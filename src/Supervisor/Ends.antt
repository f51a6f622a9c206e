-- ===== src/Supervisor/Ends.antt =====
-- A supervised run ends before its cycles run out.
use mathlib.Core.Path.{subst}
use the_pass.Prelude.{
  ℕ, zero, suc, ◌+◌, ◌-◌, ◌≤◌, String, Bool, true, false, not, ◌&&◌, ◌==◌, Option, none, some, ◌≡◌,
  ◌⊎◌, inl, inr, refl, sym, ap, ◌∙◌, arith, mem_text, str_eq, eq_iff, lookup, Bool-cases,
  Option-cases,
}
use the_pass.Prelude.Result.{Result, ok, raise, ◌>>◌, >>-eq-ok, >>=-eq-ok, raise_if-eq-ok}
use the_pass.Workflow.Errors.{WorkflowError}
use the_pass.Workflow.State.{Policy, World, State, validate_workflow_state}
use the_pass.Workflow.Valid.{IsValid, validate_workflow_state-IsValid}
use the_pass.Workflow.Evidence.{verify_workflow_evidence}
use the_pass.Supervisor.Transition.{
  SupervisorError, spends_one, is_budget_stop, validate_supervised_transition,
}
use the_pass.Supervisor.Loop.{
  Driven, Drivers, stop_statuses, review_gate_transitions, Failure, Outcome, failed, checkpoint,
  of_workflow, invalid_state, of_supervisor, read_proposal, hold_for_review, run_cycle,
  is_driver_failure, supervise_from, supervise_workflow,
}

-- A failure, or a state at which the workflow stops.
pub data IsEnded : Outcome → Type 0 where
  fails : {f : Failure} {s : State} → IsEnded (failed f s)
  stops : {s : State} → mem_text s.status stop_statuses ≡ true → IsEnded (checkpoint s)

goes_on-differs :
    (s : State) (t : String)
    → mem_text t stop_statuses ≡ true
    → mem_text s.status stop_statuses ≡ false
    → s.status ≡ t
    → ⊥
goes_on-differs s t m h e = let q = ap (λ x. mem_text x stop_statuses) e ∙ m in cc

-- The state that is held for a review waits.
hold_for_review-cases :
    (x : Drivers) (s c : State)
    → (hold_for_review x s c ≡ c) ⊎ ((hold_for_review x s c).status ≡ "waiting")
unfolding hold_for_review
hold_for_review-cases x s c = elim (Option-cases (lookup s.stage review_gate_transitions)) [
  | inl n ↦ rw (n, hold_for_review) (inl refl)
  | inr g ↦ elim (Bool-cases (x.is_agent s && str_eq c.stage g.0)) [
    | inl b ↦ rw (g.1, b, hold_for_review) (inr refl)
    | inr b ↦ rw (g.1, b, hold_for_review) (inl refl)
  ]
]

-- The transition test of a validated pair of states.
validate_supervised_transition-spends :
    (w : World) (p : Policy) (a b : State)
    → validate_supervised_transition w p a b ≡ ok tt
    → not (spends_one a b) && not (is_budget_stop a b) ≡ false
unfolding validate_supervised_transition
validate_supervised_transition-spends w p a b h =
    let q = >>-eq-ok _ _ h in
    let r = >>-eq-ok _ _ q.1 in let s = >>-eq-ok _ _ r.1 in raise_if-eq-ok _ _ s.0

read_proposal-IsValid :
    (w : World) (p : Policy) (d : Driven) (c : State) → read_proposal w p d ≡ ok c → IsValid w p c
unfolding read_proposal
read_proposal-IsValid w p d c h = go d.proposal refl
  where
    same : (u v : State) → ◌≡◌ {A = Result Failure State} (ok u) (ok v) → u ≡ v
    same u v z = cc

    passed :
        (m : Result WorkflowError (Unit {0})) (f : Failure) → of_workflow m f ≡ ok tt → m ≡ ok tt
    passed (ok tt) f z = refl
    passed (raise e) f z = cc

    go : (o : Option State) → d.proposal ≡ o → IsValid w p c
    go none e = let y : raise invalid_state ≡ ok c = rw (e, read_proposal) at h in cc
    go (some s) e =
        let a =
          >>=-eq-ok
            (of_workflow (validate_workflow_state w p s >> verify_workflow_evidence w s)
              invalid_state)
            _ (rw (e, read_proposal) at h) in
        subst (IsValid w p) (same _ _ a.2) (
          validate_workflow_state-IsValid w p s
            (>>-eq-ok (validate_workflow_state w p s) _ (passed _ _ a.1)).0)

of_supervisor-eq-ok : (m : Result SupervisorError (Unit {0})) → of_supervisor m ≡ ok tt → m ≡ ok tt
of_supervisor-eq-ok (ok tt) z = refl
of_supervisor-eq-ok (raise e) z = cc

-- A written state was proposed as a valid one, and passed the transition test.
pub run_cycle-accepts :
    (w : World) (p : Policy) (x : Drivers) (s t : State) (d : Driven)
    → run_cycle w p x s d ≡ ok t
    → (c : State) × IsValid w p c
      × (t ≡ hold_for_review x s c)
      × (validate_supervised_transition w p s t ≡ ok tt)
unfolding run_cycle
run_cycle-accepts w p x s t d h =
    let a = >>-eq-ok _ _ h in
    let b = >>-eq-ok _ _ a.1 in
    let c = >>-eq-ok _ _ b.1 in
    let q = >>=-eq-ok _ _ c.1 in
    let e = >>-eq-ok _ _ q.2 in
    let f = >>-eq-ok _ _ e.1 in
    let g = >>-eq-ok _ _ f.1 in
    let y : hold_for_review x s q.0 ≡ t = same _ _ g.1 in
    (q.0, read_proposal-IsValid w p d q.0 q.1, sym y, of_supervisor-eq-ok _ (rw y at f.0))
  where
    same : (u v : State) → ◌≡◌ {A = Result Failure State} (ok u) (ok v) → u ≡ v
    same u v z = cc

-- A cycle after which the loop goes on has spent one transition of the budget.
run_cycle-spends :
    (w : World) (p : Policy) (x : Drivers) (s t : State) (d : Driven)
    → run_cycle w p x s d ≡ ok t
    → mem_text t.status stop_statuses ≡ false
    → (t.transitions_used ≡ s.transitions_used + 1) × (t.transitions_used ≤ p.max_transitions)
run_cycle-spends w p x s t d h n =
    let a = run_cycle-accepts w p x s t d h in
    let v : IsValid w p t = elim (hold_for_review-cases x s a.0) [
      | inl e ↦ subst (IsValid w p) (sym (a.2 ∙ e)) a.1
      | inr e ↦ absurd (goes_on-differs t "waiting" refl n (ap (λ u. u.status) a.2 ∙ e))
    ] in
    (spent (validate_supervised_transition-spends w p s t a.3) v, v.within_transitions)
  where
    counted :
        t.transitions_used == s.transitions_used + 1 ≡ true
        → t.transitions_used ≡ s.transitions_used + 1
    counted z = ground arith

    stopped : (a b c e : Bool) → not false && not (a && b && c && e) ≡ false → b ≡ true
    stopped a b c e z = ground arith

    spent :
        not (spends_one s t) && not (is_budget_stop s t) ≡ false
        → IsValid w p t
        → t.transitions_used ≡ s.transitions_used + 1
    spent q v = elim (Bool-cases (spends_one s t)) [
      | inl b ↦ elim (Bool-cases (str_eq t.stage "complete")) [
        | inl k ↦ absurd (
            goes_on-differs t "complete" refl n
              (v.complete_together.0 ((eq_iff t.stage "complete").0 k)))
        | inr k ↦ counted (rw k at b)
      ]
      | inr b ↦
          let y : not false && not (is_budget_stop s t) ≡ false = rw b at q in
          absurd (
            goes_on-differs t "blocked" refl n (
              (eq_iff t.status "blocked").0
                (stopped (str_eq t.stage s.stage) (str_eq t.status "blocked") _ _ y)))
    ]

-- One round, given that the rest of the loop ends from every state with the budget.
supervise_from-round :
    (w : World) (p : Policy) (x : Drivers) (n i : ℕ) (s : State)
    → p.max_transitions + 1 ≤ suc n + s.transitions_used
    → ((t : State)
        → p.max_transitions + 1 ≤ n + t.transitions_used
        → t.transitions_used ≤ p.max_transitions
        → IsEnded (supervise_from w p x n (i + 1) t))
    → (r : Result Failure State) → run_cycle w p x s (x.drive i s) ≡ r
    → IsEnded (supervise_from w p x (suc n) i s)
unfolding supervise_from
supervise_from-round w p x n i s b k (raise f) e = rw (e, supervise_from) fails
supervise_from-round w p x n i s b k (ok t) e =
    elim (Bool-cases (is_driver_failure (x.drive i s) t)) [
      | inl d ↦ rw (e, d, supervise_from) fails
      | inr d ↦ elim (Bool-cases (mem_text t.status stop_statuses)) [
        | inl m ↦ rw (e, d, m, supervise_from) (stops m)
        | inr m ↦
            let q = run_cycle-spends w p x s t (x.drive i s) e m in
            rw (e, d, m, supervise_from) (k t (omega (arith, q.0)) q.1)
      ]
    ]

supervise_from-IsEnded :
    (w : World) (p : Policy) (x : Drivers) (n i : ℕ) (s : State)
    → p.max_transitions + 1 ≤ n + s.transitions_used
    → s.transitions_used ≤ p.max_transitions
    → IsEnded (supervise_from w p x n i s)
unfolding supervise_from
supervise_from-IsEnded w p x zero i s b v = let y : ⊥ = omega arith in absurd y
supervise_from-IsEnded w p x (suc n) i s b v =
    supervise_from-round w p x n i s b (λ t c u. supervise_from-IsEnded w p x n (i + 1) t c u)
      (run_cycle w p x s (x.drive i s)) refl

-- From a state that satisfies the checks, and without a limit by the caller, a supervised run has an
-- outcome, which is a failure of a cycle or a checkpoint at which the workflow stops: whatever the
-- drivers do, the cycles never run out.
pub supervise_workflow-IsEnded :
    (w : World) (p : Policy) (x : Drivers) (s : State)
    → validate_workflow_state w p s ≡ ok tt
    → (o : Outcome) × (supervise_workflow w p x none s ≡ some o) × IsEnded o
unfolding supervise_workflow
supervise_workflow-IsEnded w p x s h =
    let v = (validate_workflow_state-IsValid w p s h).within_transitions in
    let z : ((p.max_transitions + 1) - s.transitions_used == 0) ≡ false = positive _ _ v in
    elim (Bool-cases (mem_text s.status stop_statuses)) [
      | inl m ↦ (checkpoint s, rw (z, m, supervise_workflow) refl, stops m)
      | inr m ↦ (
        supervise_from w p x ((p.max_transitions + 1) - s.transitions_used) 1 s,
        rw (z, m, supervise_workflow) refl,
        supervise_from-IsEnded w p x ((p.max_transitions + 1) - s.transitions_used) 1 s
            (omega arith) v,
      )
    ]
  where
    positive : (a b : ℕ) → b ≤ a → ((a + 1) - b == 0) ≡ false
    positive a b c = ground arith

Assigned task:
Begin at the first line of the material above. Transcribe each line exactly, ending with the line that contains "a b ≡ ok tt".

Exercise result:
filename src/Supervisor/Ends.antt
repository f51a6f622a9c206e
-- ===== src/Supervisor/Ends.antt =====
-- A supervised run ends before its cycles run out.
use mathlib.Core.Path.{subst}
use the_pass.Prelude.{
  ℕ, zero, suc, ◌+◌, ◌-◌, ◌≤◌, String, Bool, true, false, not, ◌&&◌, ◌==◌, Option, none, some, ◌≡◌,
  ◌⊎◌, inl, inr, refl, sym, ap, ◌∙◌, arith, mem_text, str_eq, eq_iff, lookup, Bool-cases,
  Option-cases,
}
use the_pass.Prelude.Result.{Result, ok, raise, ◌>>◌, >>-eq-ok, >>=-eq-ok, raise_if-eq-ok}
use the_pass.Workflow.Errors.{WorkflowError}
use the_pass.Workflow.State.{Policy, World, State, validate_workflow_state}
use the_pass.Workflow.Valid.{IsValid, validate_workflow_state-IsValid}
use the_pass.Workflow.Evidence.{verify_workflow_evidence}
use the_pass.Supervisor.Transition.{
  SupervisorError, spends_one, is_budget_stop, validate_supervised_transition,
}
use the_pass.Supervisor.Loop.{
  Driven, Drivers, stop_statuses, review_gate_transitions, Failure, Outcome, failed, checkpoint,
  of_workflow, invalid_state, of_supervisor, read_proposal, hold_for_review, run_cycle,
  is_driver_failure, supervise_from, supervise_workflow,
}

-- A failure, or a state at which the workflow stops.
pub data IsEnded : Outcome → Type 0 where
  fails : {f : Failure} {s : State} → IsEnded (failed f s)
  stops : {s : State} → mem_text s.status stop_statuses ≡ true → IsEnded (checkpoint s)

goes_on-differs :
    (s : State) (t : String)
    → mem_text t stop_statuses ≡ true
    → mem_text s.status stop_statuses ≡ false
    → s.status ≡ t
    → ⊥
goes_on-differs s t m h e = let q = ap (λ x. mem_text x stop_statuses) e ∙ m in cc

-- The state that is held for a review waits.
hold_for_review-cases :
    (x : Drivers) (s c : State)
    → (hold_for_review x s c ≡ c) ⊎ ((hold_for_review x s c).status ≡ "waiting")
unfolding hold_for_review
hold_for_review-cases x s c = elim (Option-cases (lookup s.stage review_gate_transitions)) [
  | inl n ↦ rw (n, hold_for_review) (inl refl)
  | inr g ↦ elim (Bool-cases (x.is_agent s && str_eq c.stage g.0)) [
    | inl b ↦ rw (g.1, b, hold_for_review) (inr refl)
    | inr b ↦ rw (g.1, b, hold_for_review) (inl refl)
  ]
]

-- The transition test of a validated pair of states.
validate_supervised_transition-spends :
    (w : World) (p : Policy) (a b : State)
    → validate_supervised_transition w p a b ≡ ok tt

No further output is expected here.